Rates of Wolbachia evolution correlates with nuclear, but not with mitochondrial genome of hosts
An intriguing outcome of our co-phylogenies is the striking heterogeneity of the evolutionary rate of Wolbachia compared to that of the host’s mitochondrial DNA (mtDNA). While we could reproduce previous finding that Wolbachia evolves about one order of magnitude (circa 10 times) slower than mitochondria in D. melanogaster16, we could observe a similar pattern only in D. mauritiana, and to a lesser extent in D. simulans and D. ananassae. In all other hosts we observe different patterns: Wolbachia rates are approximately the same as mitochondria in Onchocerca nematodes, and two/three times faster than mitochondria in the wasp D. alloeum, the beetle D. virgifera and the bedbug C. lecturalis. These discrepancies seem to correlate with host biology traits such as generation time and population size: while Drosophila, for example, is characterized by many generations per year and large effective population size35, most other species are characterized by less generation per year and smaller population size36,37.
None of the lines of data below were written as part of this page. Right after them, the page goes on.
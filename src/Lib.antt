-- ===== src/Lib.antt =====
-- EvalOps Lab: the job engine of the local workspace, the retrieval metrics, and the comparison
-- of runs. The paths below are those of the repository's Python package, src/evalops.
--
-- Models is the data of workspace/models.py, workspace/ingestion/models.py, models/runs.py and
-- workspace/application/runs.py. Storage is workspace/storage.py: the identifiers, the files of a
-- workspace root, the registry of workspaces (Storage/Workspaces reads it, Storage/Registry
-- changes it), the registered inputs (Storage/Inputs, Storage/Registration), the snapshots of
-- runs, the records of jobs, and the result and provenance of a run (Storage/Evidence).
-- Storage/Actions composes calls on the disk. The loop that draws a workspace identifier has fuel
-- for one draw more than there are workspaces. A file is what the JSON reader and the schema
-- validation make of it; a write is atomic, and the device may refuse it. `Disk` is the state, a
-- call takes it and returns the result or the exception with the disk that it leaves.
-- `os.replace` and `os.link` are relied on to be atomic, and temporary files are not part of the
-- state. `update_job_record` is split into its guards (`next_record`, with the time as an
-- argument) and the write; Storage/CompareAndSet states on its own which updates are to be taken,
-- and Storage/View the map of jobs that they change. Jobs is workspace/jobs: the states and the
-- records (models.py), and queue.py in Jobs/Queue (the queue and its callers) and Jobs/Worker
-- (the loop of the worker). Other threads and the executor are arguments, functions from disk to
-- disk that run between a read and the update that follows it. The loops of eight attempts count
-- the attempts left. A turn of the worker takes an item, forgets its identifier and runs the job
-- in one step. Retrieval is evaluators/retrieval/metrics.py, Regression is
-- regression/comparison.py, Failures is failures/taxonomy.py, and Comparison is
-- workspace/comparison. Numbers are a record `Float` of the operations that the code calls, and
-- `FloatLaws` says what is relied on of finite floats; fractions of naturals are an instance.
-- Datasets is datasets/io.py, with the parser of a line as an argument. Runs is
-- workspace/application/runs.py and runners/retrieval.py: Runs/Pairing checks two inputs,
-- Runs/Creation creates, submits and retries runs, Runs/Execution takes a job through its phases;
-- the JSON of results and the digest are `Codec`, an argument. Exponential, logarithm and the
-- printing of an int are arguments; they are total, so that a label of 1024 or more, whose gain
-- is too large for a float, has no exception in the model, nor have numbers that are not finite.
-- Hallucination is evaluators/hallucination/metrics.py and comparison.py, and Pilot is
-- pilot/rate_limit.py and pilot/execution.py: the limits, the requests for one example
-- (Pilot/Requests, whose loop has fuel for the retries, the regenerations and one more) and the
-- loops over providers and examples (Pilot/Study), with readings of the clock and answers of the
-- providers as arguments. Common holds the Boolean tests, lists, dicts, results and sorting that
-- the parts share, Tests the theorems at concrete inputs.
--
-- The clients of the store are Jobs and Runs, which update records by `update_job_record` only.
-- The executor of the worker is `execute_job` of Runs, which calls Datasets and Retrieval and
-- writes the evidence; Comparison takes the per-query results of Retrieval, and
-- Comparison/Service (workspace/application/comparisons.py, with workspace/comparison/policy.py)
-- reads the evidence of two runs and builds the record of a comparison, Comparison/Archive is how
-- workspace/storage.py creates, reads and lists the files of such a record, and
-- Comparison/Creation is the whole of `create_comparison`. One reading of the clock serves all
-- updates of a call, since times are only stored.
--
-- Ingestion is workspace/ingestion: Jsonl validates an input with the readers of Datasets, Csv
-- makes canonical JSONL of a CSV file, Service registers inputs in the store, from where the runs
-- read them. Hallucination/Spans and Hallucination/Thresholds are
-- evaluators/hallucination/spans.py and thresholds.py, Pilot/Sampling and Pilot/Provenance are
-- pilot/sampling.py and provenance.py. The CSV reader, JSON, digests, the text of paths and the
-- pseudo-random numbers are arguments, with the laws that are relied on stated where they are.
--
-- Not modelled: the text of JSON files and of messages to a user, real threads and waiting, the
-- manifests of exports in the store, comparing detectors out of JSON, the analysis of a pilot,
-- the listing of run snapshots, BM25 retrieval, the readiness gates of a pilot, the hallucination
-- detectors, the LLM judge, providers, other data sets, exports, the HTTP interface, the command
-- line, scripts and the web applications. Most of them are input and output around these parts.
pub mod Common
pub mod Models
pub mod Jobs
pub mod Storage
pub mod Regression
pub mod Failures
pub mod Retrieval
pub mod Comparison
pub mod Hallucination
pub mod Pilot
pub mod Datasets
pub mod Ingestion
pub mod Runs
pub mod Tests
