-- ===== src/Common/Lists.antt =====
-- Lists measured by native numbers, membership tests, and Python's `set` and `all` over lists.
use Prim.Native.Nat.{ℕ, zero, suc, ◌+◌, ◌≤◌}
use mathlib.Core.Path.{◌≡◌, refl, sym}
use mathlib.Core.Logic.{◌↔◌}
use mathlib.Core.Bool.{Bool, true, false, not, ◌&&◌, ◌||◌}
use mathlib.Core.List.{List, [], ◌∷◌, ◌++◌}
use native.Mathlib.Omega.{arith}
use evalops_lab.Common.Tests.{Eq, ◌==◌, ==_iff, ==_refl, if◌then◌else◌}

module _ {ℓ} {A : Type ℓ} where
  abbrev pub length : List A → ℕ
  length [] = 0
  length (x ∷ xs) = suc (length xs)

  abbrev pub take : ℕ → List A → List A
  take zero xs = []
  take (suc n) [] = []
  take (suc n) (x ∷ xs) = x ∷ take n xs

  abbrev pub All {κ} : (A → Type κ) → List A → Type κ
  All P [] = Unit
  All P (x ∷ xs) = P x × All P xs

  -- `all(p(x) for x in xs)` and `any(p(x) for x in xs)`
  abbrev pub all : (A → Bool) → List A → Bool
  all p [] = true
  all p (x ∷ xs) = p x && all p xs

  abbrev pub any : (A → Bool) → List A → Bool
  any p [] = false
  any p (x ∷ xs) = p x || any p xs

  -- `[x for x in xs if p(x)]`
  abbrev pub keep : (A → Bool) → List A → List A
  keep p [] = []
  keep p (x ∷ xs) = if p x then x ∷ keep p xs else keep p xs

  abbrev pub count : (A → Bool) → List A → ℕ
  count p [] = 0
  count p (x ∷ xs) = if p x then suc (count p xs) else count p xs

  pub length-append : (xs ys : List A) → length (xs ++ ys) ≡ length xs + length ys
  length-append [] ys = omega arith
  length-append (x ∷ xs) ys = omega (arith, length-append xs ys)

  pub count-le-length : (p : A → Bool) (xs : List A) → count p xs ≤ length xs
  count-le-length p [] = omega arith
  count-le-length p (x ∷ xs) = ground (arith, count-le-length p xs)

  pub length-keep : (p : A → Bool) (xs : List A) → length (keep p xs) ≡ count p xs
  length-keep p [] = refl
  length-keep p (x ∷ xs) = ground (arith, length-keep p xs)

  pub length-take-le : (n : ℕ) (xs : List A) → length (take n xs) ≤ n
  length-take-le zero xs = omega arith
  length-take-le (suc n) [] = omega arith
  length-take-le (suc n) (x ∷ xs) = omega (arith, length-take-le n xs)

module _ {ℓ} {A : Type ℓ} ⦃e : Eq A⦄ where
  -- `xs == ys`
  abbrev pub list_beq : List A → List A → Bool
  list_beq [] [] = true
  list_beq (x ∷ xs) (y ∷ ys) = x == y && list_beq xs ys
  list_beq _ _ = false

  pub list_beq_iff : (xs ys : List A) → (list_beq xs ys ≡ true) ↔ (xs ≡ ys)
  list_beq_iff [] [] = ground arith
  list_beq_iff (x ∷ xs) (y ∷ ys) = ground (arith, ==_iff x y, list_beq_iff xs ys)
  list_beq_iff [] (y ∷ ys) = ground arith
  list_beq_iff (x ∷ xs) [] = ground arith

  -- `a in xs`
  abbrev pub member : A → List A → Bool
  member a [] = false
  member a (x ∷ xs) = a == x || member a xs

  -- `set(xs)`, each element at its last occurrence.
  abbrev pub to_set : List A → List A
  to_set [] = []
  to_set (x ∷ xs) = if member x xs then to_set xs else x ∷ to_set xs

  -- No element occurs twice.
  abbrev pub unique : List A → Bool
  unique [] = true
  unique (x ∷ xs) = not (member x xs) && unique xs

  abbrev pub subset : List A → List A → Bool
  subset xs ys = all (λ x. member x ys) xs

  -- `set(xs) == set(ys)`
  abbrev pub same_set : List A → List A → Bool
  same_set xs ys = subset xs ys && subset ys xs

  pub member-to_set : (a : A) (xs : List A) → member a (to_set xs) ≡ member a xs
  member-to_set a [] = refl
  member-to_set a (x ∷ xs) = ground (arith, member-to_set a xs, ==_iff a x)

  pub unique-to_set : (xs : List A) → unique (to_set xs) ≡ true
  unique-to_set [] = refl
  unique-to_set (x ∷ xs) = ground (arith, unique-to_set xs, member-to_set x xs)

  pub length-to_set-le : (xs : List A) → length (to_set xs) ≤ length xs
  length-to_set-le [] = omega arith
  length-to_set-le (x ∷ xs) = ground (arith, length-to_set-le xs)

  pub subset-member :
      (a : A) (xs ys : List A) → subset xs ys ≡ true → member a xs ≡ true → member a ys ≡ true
  subset-member a [] ys h m = ground arith
  subset-member a (x ∷ xs) ys h m = ground (arith, ==_iff a x, subset-member a xs ys)

  pub member-keep :
      (p : A → Bool) (a : A) (xs : List A) → member a (keep p xs) ≡ (p a && member a xs)
  member-keep p a [] = ground arith
  member-keep p a (x ∷ xs) = ground (arith, ==_iff a x, member-keep p a xs)

  pub unique-keep : (p : A → Bool) (xs : List A) → unique xs ≡ true → unique (keep p xs) ≡ true
  unique-keep p [] h = refl
  unique-keep p (x ∷ xs) h = ground (arith, member-keep p x xs, unique-keep p xs)

  pub member-append : (a : A) (xs ys : List A) → member a (xs ++ ys) ≡ (member a xs || member a ys)
  member-append a [] ys = refl
  member-append a (x ∷ xs) ys = ground (arith, member-append a xs ys)

  -- `ids.discard(a)`, where `ids` is the set of a list that begins with `a`.
  pub member-discard_head :
      (a j : A) (ids xs : List A)
      → unique (a ∷ xs) ≡ true
      → member j ids ≡ member j (a ∷ xs)
      → member j (keep (λ k. not (k == a)) ids) ≡ member j xs
  member-discard_head a j ids xs u h =
      ground (arith, member-keep (λ k. not (k == a)) j ids, ==_iff j a)

  pub unique-tail : (a : A) (xs : List A) → unique (a ∷ xs) ≡ true → unique xs ≡ true
  unique-tail a xs h = ground arith

module _ {ℓ} {A : Type ℓ} where
  pub count-pos : (p : A → Bool) (xs : List A) → any p xs ≡ true → 1 ≤ count p xs
  count-pos p [] h = ground arith
  count-pos p (x ∷ xs) h = ground (arith, count-pos p xs)

  pub count-eq_zero : (p : A → Bool) (xs : List A) → any p xs ≡ false → count p xs ≡ 0
  count-eq_zero p [] h = refl
  count-eq_zero p (x ∷ xs) h = ground (arith, count-eq_zero p xs)

module _ {ℓ} {A : Type ℓ} ⦃e : Eq A⦄ where
  any-member_cons :
      (x : A) (xs ys : List A)
      → any (λ y. member y (x ∷ xs)) ys ≡ (member x ys || any (λ y. member y xs) ys)
  any-member_cons x xs [] = refl
  any-member_cons x xs (y ∷ ys) = ground (arith, any-member_cons x xs ys, ==_iff x y, ==_iff y x)

  any-member_nil : (ys : List A) → any (λ y. member y []) ys ≡ false
  any-member_nil [] = refl
  any-member_nil (y ∷ ys) = any-member_nil ys

  -- Two lists share an element, seen from either.
  pub any-member_comm : (xs ys : List A) → any (λ x. member x ys) xs ≡ any (λ y. member y xs) ys
  any-member_comm [] ys = sym (any-member_nil ys)
  any-member_comm (x ∷ xs) ys = ground (arith, any-member_cons x xs ys, any-member_comm xs ys)

  All-member_weaken :
      (y : A) (ys xs : List A)
      → All (λ x. member x ys ≡ true) xs
      → All (λ x. member x (y ∷ ys) ≡ true) xs
  All-member_weaken y ys [] h = tt
  All-member_weaken y ys (x ∷ xs) h = (ground (arith, h.0), All-member_weaken y ys xs h.1)

  pub All-member_self : (xs : List A) → All (λ x. member x xs ≡ true) xs
  All-member_self [] = tt
  All-member_self (x ∷ xs) =
      (ground (arith, ==_refl x), All-member_weaken x xs xs (All-member_self xs))

module _ {ℓ} {A : Type ℓ} where
  pub All-map {κ μ} :
      {P : A → Type κ} {Q : A → Type μ} (f : (a : A) → P a → Q a) (xs : List A)
      → All P xs
      → All Q xs
  All-map f [] h = tt
  All-map f (x ∷ xs) h = (f x h.0, All-map f xs h.1)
Our co-phylogenies reveal major desynchronization between the Wolbachia and the mtDNA clocks. We did not infer co-phylogenies using host nuclear data because, while mtDNA and Wolbachia are uniparentally inherited, nuclear genes follow a Mendelian inheritance and their coalescence impedes building a genealogical (tree-like) structure38. We have however estimated average genetic divergence for a typical universal animal nuclear marker, the 18S rRNA gene5 and compared the average genetic distances of each of the 11 Wolbachia populations with that of the mtDNA and 18S of the corresponding hosts. As anticipated by the different relative rates of the co-phylogenies (Fig. 4a), there is no correlation between Wolbachia and mtDNA divergences (Fig. 4b). Instead, we found a significant correlation between Wolbachia and 18S rRNA gene evolution (Fig. 4b). This indicates that Wolbachia is indeed following the molecular clock of the hosts, but only for what concerns its nuclear genome, not the mitochondrial one. By contrast, the mtDNA seems to be characterized by a rate that departs from both Wolbachia and, apart from a few cases, the nuclear data. One possible explanation is that the mitochondrial genomes of 4-5 species are characterized by an unusual within-species genetic homogeneity possibly due to specific inheritance genetics or a constrained selective regime. Indeed, when we exclude these species (circled in Fig. 4b), we recover a significant correlation, and notably with a similar slope of the Wolbachia−18S correlation (dotted line in Fig. 4b). This finding deserves future testing in particular by analyzing large chunks of the host nuclear genome and by expanding these comparisons to more populations. Our data is however clear in showing that the pattern and rate of Wolbachia evolution may be very dissimilar to that of their mtDNA host, pointing at a variably and species-specific Wolbachia-mtDNA evolution, in which the Drosophila-Wolbachia dynamics16 seems to be the exception rather than the norm.